• **WHAT TO PRODUCE**:
Write out every line below that contains "email".

Stored data

--- START ---

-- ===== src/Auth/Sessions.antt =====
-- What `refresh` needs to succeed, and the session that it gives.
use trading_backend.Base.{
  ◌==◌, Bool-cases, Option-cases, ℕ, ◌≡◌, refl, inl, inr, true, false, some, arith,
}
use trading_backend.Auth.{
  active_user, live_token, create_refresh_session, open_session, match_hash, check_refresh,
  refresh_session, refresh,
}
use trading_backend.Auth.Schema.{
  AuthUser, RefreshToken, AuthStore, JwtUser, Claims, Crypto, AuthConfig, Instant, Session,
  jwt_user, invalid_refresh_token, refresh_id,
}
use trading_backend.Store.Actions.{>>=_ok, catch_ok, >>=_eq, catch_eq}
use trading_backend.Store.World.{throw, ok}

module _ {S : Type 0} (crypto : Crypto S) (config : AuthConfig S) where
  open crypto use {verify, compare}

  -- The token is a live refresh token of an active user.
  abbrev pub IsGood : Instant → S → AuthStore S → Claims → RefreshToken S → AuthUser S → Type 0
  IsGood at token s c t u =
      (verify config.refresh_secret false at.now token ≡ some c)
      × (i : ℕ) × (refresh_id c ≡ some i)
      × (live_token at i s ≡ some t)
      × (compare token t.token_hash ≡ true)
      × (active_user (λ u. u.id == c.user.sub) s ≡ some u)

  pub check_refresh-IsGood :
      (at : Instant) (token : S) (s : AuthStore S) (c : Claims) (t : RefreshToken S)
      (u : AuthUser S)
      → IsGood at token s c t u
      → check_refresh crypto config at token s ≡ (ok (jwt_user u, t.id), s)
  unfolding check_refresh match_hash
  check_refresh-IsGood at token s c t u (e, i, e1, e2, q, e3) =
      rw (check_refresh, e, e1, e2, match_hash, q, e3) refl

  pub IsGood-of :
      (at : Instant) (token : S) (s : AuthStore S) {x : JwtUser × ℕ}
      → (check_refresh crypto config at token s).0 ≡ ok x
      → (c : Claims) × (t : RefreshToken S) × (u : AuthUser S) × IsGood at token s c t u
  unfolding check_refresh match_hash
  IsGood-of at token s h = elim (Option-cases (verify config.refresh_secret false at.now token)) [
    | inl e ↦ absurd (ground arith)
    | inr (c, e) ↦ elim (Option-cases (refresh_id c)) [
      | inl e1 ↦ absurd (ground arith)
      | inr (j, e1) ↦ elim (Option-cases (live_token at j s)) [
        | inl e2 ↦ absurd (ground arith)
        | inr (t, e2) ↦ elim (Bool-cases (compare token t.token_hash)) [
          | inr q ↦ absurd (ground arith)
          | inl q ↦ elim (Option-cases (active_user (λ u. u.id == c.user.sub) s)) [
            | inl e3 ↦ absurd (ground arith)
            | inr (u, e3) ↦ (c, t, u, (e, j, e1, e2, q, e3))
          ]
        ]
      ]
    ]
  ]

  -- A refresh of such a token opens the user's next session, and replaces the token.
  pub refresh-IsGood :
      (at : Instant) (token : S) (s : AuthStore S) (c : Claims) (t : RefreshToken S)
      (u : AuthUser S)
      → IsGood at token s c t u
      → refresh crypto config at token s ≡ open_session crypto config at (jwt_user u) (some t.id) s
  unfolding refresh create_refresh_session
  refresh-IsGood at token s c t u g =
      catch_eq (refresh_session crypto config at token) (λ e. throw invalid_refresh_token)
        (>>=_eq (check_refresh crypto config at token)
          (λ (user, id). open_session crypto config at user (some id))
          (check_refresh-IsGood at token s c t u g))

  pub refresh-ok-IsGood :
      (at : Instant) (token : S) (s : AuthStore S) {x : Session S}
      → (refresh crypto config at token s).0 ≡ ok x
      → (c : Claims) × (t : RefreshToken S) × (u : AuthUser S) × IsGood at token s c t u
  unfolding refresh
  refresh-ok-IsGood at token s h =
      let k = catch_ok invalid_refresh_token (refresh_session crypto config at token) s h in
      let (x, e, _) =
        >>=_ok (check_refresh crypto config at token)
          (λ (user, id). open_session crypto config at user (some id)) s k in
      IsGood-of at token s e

--- END ---
--- START ---

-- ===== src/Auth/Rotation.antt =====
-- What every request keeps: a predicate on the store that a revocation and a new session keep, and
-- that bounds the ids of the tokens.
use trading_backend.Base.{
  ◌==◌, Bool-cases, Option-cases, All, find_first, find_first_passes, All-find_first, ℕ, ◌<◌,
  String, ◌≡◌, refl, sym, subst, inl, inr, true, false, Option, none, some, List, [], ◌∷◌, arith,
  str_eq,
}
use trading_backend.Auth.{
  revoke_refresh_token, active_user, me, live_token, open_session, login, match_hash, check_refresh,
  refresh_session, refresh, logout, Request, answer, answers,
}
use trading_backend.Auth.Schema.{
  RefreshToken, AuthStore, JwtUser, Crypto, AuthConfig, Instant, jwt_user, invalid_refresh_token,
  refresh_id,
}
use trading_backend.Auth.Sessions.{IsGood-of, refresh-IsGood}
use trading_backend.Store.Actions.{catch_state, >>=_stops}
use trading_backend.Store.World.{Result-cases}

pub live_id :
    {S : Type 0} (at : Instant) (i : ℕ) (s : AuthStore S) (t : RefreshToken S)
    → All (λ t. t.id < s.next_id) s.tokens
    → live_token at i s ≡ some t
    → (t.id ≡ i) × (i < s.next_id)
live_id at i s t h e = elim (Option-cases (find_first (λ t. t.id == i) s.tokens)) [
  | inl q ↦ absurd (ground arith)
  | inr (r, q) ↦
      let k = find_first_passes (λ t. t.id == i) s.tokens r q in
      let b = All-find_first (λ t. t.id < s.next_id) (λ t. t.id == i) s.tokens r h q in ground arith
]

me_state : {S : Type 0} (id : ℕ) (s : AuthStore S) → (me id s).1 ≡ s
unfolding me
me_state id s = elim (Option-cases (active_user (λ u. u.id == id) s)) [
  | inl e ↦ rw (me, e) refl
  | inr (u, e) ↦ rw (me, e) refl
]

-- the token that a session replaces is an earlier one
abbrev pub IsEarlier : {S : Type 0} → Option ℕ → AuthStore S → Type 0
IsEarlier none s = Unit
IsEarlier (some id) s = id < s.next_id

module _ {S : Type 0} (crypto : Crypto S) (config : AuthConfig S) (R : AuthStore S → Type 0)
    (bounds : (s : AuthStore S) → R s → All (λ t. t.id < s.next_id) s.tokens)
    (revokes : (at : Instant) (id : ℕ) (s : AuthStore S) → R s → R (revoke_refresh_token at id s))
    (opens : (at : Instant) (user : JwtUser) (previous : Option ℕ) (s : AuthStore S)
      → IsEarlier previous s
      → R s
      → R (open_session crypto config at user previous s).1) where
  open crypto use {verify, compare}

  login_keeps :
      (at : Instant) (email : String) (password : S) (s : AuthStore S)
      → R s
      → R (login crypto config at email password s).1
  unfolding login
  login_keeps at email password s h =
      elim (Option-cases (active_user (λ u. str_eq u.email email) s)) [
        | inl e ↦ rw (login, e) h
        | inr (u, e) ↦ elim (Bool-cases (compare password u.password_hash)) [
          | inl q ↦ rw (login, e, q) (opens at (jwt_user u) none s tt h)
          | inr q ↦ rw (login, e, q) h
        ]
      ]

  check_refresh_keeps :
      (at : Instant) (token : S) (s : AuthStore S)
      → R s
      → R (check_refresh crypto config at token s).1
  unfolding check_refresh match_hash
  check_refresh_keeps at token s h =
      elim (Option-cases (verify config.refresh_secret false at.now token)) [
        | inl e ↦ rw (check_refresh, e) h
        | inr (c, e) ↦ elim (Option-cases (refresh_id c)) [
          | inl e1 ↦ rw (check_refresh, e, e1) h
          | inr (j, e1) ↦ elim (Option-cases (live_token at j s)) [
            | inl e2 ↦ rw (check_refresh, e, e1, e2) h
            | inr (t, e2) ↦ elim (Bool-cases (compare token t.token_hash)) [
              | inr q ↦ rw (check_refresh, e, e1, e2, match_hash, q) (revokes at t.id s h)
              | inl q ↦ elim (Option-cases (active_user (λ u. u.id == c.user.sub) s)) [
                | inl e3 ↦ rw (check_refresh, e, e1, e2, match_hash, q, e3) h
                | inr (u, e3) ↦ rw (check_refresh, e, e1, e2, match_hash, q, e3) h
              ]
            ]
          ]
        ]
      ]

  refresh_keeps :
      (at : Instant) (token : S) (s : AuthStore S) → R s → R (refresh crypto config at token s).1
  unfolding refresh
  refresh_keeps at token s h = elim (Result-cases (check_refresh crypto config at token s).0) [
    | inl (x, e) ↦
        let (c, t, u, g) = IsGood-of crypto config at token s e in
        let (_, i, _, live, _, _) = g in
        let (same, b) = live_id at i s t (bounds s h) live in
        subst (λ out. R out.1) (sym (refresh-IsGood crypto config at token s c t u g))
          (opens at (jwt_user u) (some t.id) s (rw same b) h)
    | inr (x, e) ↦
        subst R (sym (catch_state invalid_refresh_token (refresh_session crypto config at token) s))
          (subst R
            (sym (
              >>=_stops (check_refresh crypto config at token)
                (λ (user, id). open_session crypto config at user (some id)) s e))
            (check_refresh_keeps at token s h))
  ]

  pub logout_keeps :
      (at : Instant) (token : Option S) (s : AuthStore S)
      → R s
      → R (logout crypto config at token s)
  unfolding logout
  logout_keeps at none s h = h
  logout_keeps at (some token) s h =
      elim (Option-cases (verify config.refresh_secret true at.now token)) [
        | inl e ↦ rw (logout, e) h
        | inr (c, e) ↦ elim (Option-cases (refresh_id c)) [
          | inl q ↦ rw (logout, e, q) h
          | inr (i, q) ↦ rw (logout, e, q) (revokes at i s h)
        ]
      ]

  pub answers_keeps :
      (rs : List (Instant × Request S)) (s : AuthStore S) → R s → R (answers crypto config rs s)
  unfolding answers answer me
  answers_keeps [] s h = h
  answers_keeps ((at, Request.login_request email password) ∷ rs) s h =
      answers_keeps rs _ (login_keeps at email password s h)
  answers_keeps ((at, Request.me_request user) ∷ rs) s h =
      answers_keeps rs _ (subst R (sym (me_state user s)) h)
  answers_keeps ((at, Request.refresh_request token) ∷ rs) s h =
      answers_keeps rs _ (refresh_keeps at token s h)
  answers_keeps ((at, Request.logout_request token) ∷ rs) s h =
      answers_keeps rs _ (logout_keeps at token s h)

--- END ---
--- START ---

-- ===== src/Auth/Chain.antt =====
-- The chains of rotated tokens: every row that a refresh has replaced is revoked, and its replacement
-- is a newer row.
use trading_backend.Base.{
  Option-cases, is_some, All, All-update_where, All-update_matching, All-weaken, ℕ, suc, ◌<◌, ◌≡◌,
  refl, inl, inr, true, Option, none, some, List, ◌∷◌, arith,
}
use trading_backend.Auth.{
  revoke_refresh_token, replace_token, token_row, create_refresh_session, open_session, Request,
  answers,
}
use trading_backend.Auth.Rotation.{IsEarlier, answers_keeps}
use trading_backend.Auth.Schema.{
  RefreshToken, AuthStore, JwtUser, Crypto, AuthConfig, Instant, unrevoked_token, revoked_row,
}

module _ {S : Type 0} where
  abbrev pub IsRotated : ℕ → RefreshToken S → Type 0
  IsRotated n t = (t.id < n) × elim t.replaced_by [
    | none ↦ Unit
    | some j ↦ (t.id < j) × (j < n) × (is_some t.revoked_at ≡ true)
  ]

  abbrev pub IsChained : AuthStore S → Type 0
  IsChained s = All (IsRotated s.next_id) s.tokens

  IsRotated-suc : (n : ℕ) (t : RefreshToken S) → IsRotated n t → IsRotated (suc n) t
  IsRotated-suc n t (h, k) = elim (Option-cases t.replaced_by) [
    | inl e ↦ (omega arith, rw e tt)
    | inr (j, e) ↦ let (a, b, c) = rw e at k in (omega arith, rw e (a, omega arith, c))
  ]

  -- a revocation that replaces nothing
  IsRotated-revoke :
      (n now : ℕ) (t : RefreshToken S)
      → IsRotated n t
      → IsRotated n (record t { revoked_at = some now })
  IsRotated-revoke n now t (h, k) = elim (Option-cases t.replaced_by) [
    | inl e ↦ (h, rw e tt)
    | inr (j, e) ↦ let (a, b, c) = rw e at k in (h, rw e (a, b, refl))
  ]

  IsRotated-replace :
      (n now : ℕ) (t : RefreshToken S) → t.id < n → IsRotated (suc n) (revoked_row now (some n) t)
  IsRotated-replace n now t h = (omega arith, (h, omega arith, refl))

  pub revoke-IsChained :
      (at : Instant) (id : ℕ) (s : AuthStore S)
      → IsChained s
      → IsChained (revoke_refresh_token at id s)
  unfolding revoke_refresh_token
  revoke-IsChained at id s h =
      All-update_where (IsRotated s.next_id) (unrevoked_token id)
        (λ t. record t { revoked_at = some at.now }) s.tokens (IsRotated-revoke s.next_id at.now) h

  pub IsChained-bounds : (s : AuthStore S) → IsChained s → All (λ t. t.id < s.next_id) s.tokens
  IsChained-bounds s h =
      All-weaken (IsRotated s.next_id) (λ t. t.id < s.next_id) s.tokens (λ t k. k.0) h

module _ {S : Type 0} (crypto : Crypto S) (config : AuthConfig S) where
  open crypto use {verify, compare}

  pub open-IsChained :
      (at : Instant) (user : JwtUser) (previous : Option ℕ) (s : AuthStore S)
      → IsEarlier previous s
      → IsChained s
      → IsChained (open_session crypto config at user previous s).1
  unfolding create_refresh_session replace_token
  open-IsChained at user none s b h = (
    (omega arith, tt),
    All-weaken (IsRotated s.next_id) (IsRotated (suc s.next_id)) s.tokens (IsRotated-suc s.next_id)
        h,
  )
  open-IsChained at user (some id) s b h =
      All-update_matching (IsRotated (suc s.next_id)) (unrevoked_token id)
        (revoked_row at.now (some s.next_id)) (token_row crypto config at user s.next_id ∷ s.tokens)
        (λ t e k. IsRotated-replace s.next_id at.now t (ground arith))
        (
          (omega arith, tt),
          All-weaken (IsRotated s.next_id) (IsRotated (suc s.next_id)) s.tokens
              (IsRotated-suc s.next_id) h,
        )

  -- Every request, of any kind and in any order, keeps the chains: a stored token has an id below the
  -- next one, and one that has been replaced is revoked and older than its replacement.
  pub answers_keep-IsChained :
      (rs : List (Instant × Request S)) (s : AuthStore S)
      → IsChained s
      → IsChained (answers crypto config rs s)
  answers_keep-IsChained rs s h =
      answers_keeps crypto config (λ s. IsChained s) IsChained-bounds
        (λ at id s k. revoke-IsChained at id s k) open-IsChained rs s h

--- END ---

• **RESULT OF THIS TASK**:
      (at : Instant) (email : String) (password : S) (s : AuthStore S)
      → R (login crypto config at email password s).1
  login_keeps at email password s h =
      elim (Option-cases (active_user (λ u. str_eq u.email email) s)) [
  answers_keeps ((at, Request.login_request email password) ∷ rs) s h =
      answers_keeps rs _ (login_keeps at email password s h)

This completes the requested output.